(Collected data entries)

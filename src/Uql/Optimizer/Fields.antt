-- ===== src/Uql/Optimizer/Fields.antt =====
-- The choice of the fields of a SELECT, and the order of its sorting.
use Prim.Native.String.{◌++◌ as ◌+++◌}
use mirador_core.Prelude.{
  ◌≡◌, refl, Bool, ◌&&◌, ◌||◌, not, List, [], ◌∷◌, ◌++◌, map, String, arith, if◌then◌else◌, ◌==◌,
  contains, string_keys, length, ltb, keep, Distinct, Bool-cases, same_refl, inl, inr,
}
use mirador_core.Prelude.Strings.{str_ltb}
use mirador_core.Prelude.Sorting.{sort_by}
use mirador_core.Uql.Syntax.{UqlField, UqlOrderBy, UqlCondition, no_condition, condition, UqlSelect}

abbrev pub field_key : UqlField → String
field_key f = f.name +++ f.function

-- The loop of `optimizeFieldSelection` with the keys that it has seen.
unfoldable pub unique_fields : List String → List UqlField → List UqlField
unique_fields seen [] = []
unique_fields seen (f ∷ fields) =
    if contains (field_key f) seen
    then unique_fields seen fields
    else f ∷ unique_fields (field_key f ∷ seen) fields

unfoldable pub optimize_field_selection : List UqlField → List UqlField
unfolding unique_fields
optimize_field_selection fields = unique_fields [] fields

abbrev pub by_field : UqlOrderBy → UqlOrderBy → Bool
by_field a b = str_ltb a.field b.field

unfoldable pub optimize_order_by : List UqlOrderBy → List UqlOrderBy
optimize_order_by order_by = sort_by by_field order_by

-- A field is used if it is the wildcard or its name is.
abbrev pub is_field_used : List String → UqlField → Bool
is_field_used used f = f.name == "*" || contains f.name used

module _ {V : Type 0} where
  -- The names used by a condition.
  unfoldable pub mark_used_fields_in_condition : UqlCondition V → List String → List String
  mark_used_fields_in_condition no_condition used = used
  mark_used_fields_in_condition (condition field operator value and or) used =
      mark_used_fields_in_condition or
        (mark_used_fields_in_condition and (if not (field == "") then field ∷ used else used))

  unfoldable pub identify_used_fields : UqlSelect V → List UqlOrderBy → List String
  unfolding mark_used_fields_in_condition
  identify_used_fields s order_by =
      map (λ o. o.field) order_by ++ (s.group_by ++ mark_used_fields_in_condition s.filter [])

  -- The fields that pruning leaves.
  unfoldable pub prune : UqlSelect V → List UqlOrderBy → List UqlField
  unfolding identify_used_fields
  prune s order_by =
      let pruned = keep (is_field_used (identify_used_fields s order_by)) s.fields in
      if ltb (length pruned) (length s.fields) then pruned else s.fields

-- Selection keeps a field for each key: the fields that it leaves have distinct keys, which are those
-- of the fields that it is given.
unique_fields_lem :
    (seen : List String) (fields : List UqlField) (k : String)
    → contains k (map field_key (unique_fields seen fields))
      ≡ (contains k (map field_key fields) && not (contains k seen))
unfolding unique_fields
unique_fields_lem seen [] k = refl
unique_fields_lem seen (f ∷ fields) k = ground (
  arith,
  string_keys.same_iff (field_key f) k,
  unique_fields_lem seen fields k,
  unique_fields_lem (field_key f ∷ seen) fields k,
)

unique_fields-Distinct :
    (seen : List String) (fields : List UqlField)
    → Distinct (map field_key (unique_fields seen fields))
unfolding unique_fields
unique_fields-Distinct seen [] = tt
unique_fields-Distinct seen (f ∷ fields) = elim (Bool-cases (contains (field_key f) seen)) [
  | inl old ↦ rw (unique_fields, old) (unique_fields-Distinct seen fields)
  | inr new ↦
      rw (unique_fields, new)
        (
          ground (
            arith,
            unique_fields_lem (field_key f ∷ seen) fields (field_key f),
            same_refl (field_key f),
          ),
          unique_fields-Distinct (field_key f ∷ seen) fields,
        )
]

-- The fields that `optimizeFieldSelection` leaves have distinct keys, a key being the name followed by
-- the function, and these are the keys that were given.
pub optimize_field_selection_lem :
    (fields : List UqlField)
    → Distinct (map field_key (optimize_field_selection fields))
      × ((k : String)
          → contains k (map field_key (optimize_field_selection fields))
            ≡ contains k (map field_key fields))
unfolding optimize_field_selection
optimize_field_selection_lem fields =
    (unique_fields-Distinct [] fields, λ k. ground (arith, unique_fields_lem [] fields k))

- [TASK DESCRIPTION]:
What you return must be the lines above that run from the line with "unique_fields-Distinct seen [] = tt" to the line with "rw (unique_fields, new)", inclusive, each copied exactly.

- [EXERCISE ANSWER]:
unique_fields-Distinct seen [] = tt
unique_fields-Distinct seen (f ∷ fields) = elim (Bool-cases (contains (field_key f) seen)) [
  | inl old ↦ rw (unique_fields, old) (unique_fields-Distinct seen fields)
  | inr new ↦
      rw (unique_fields, new)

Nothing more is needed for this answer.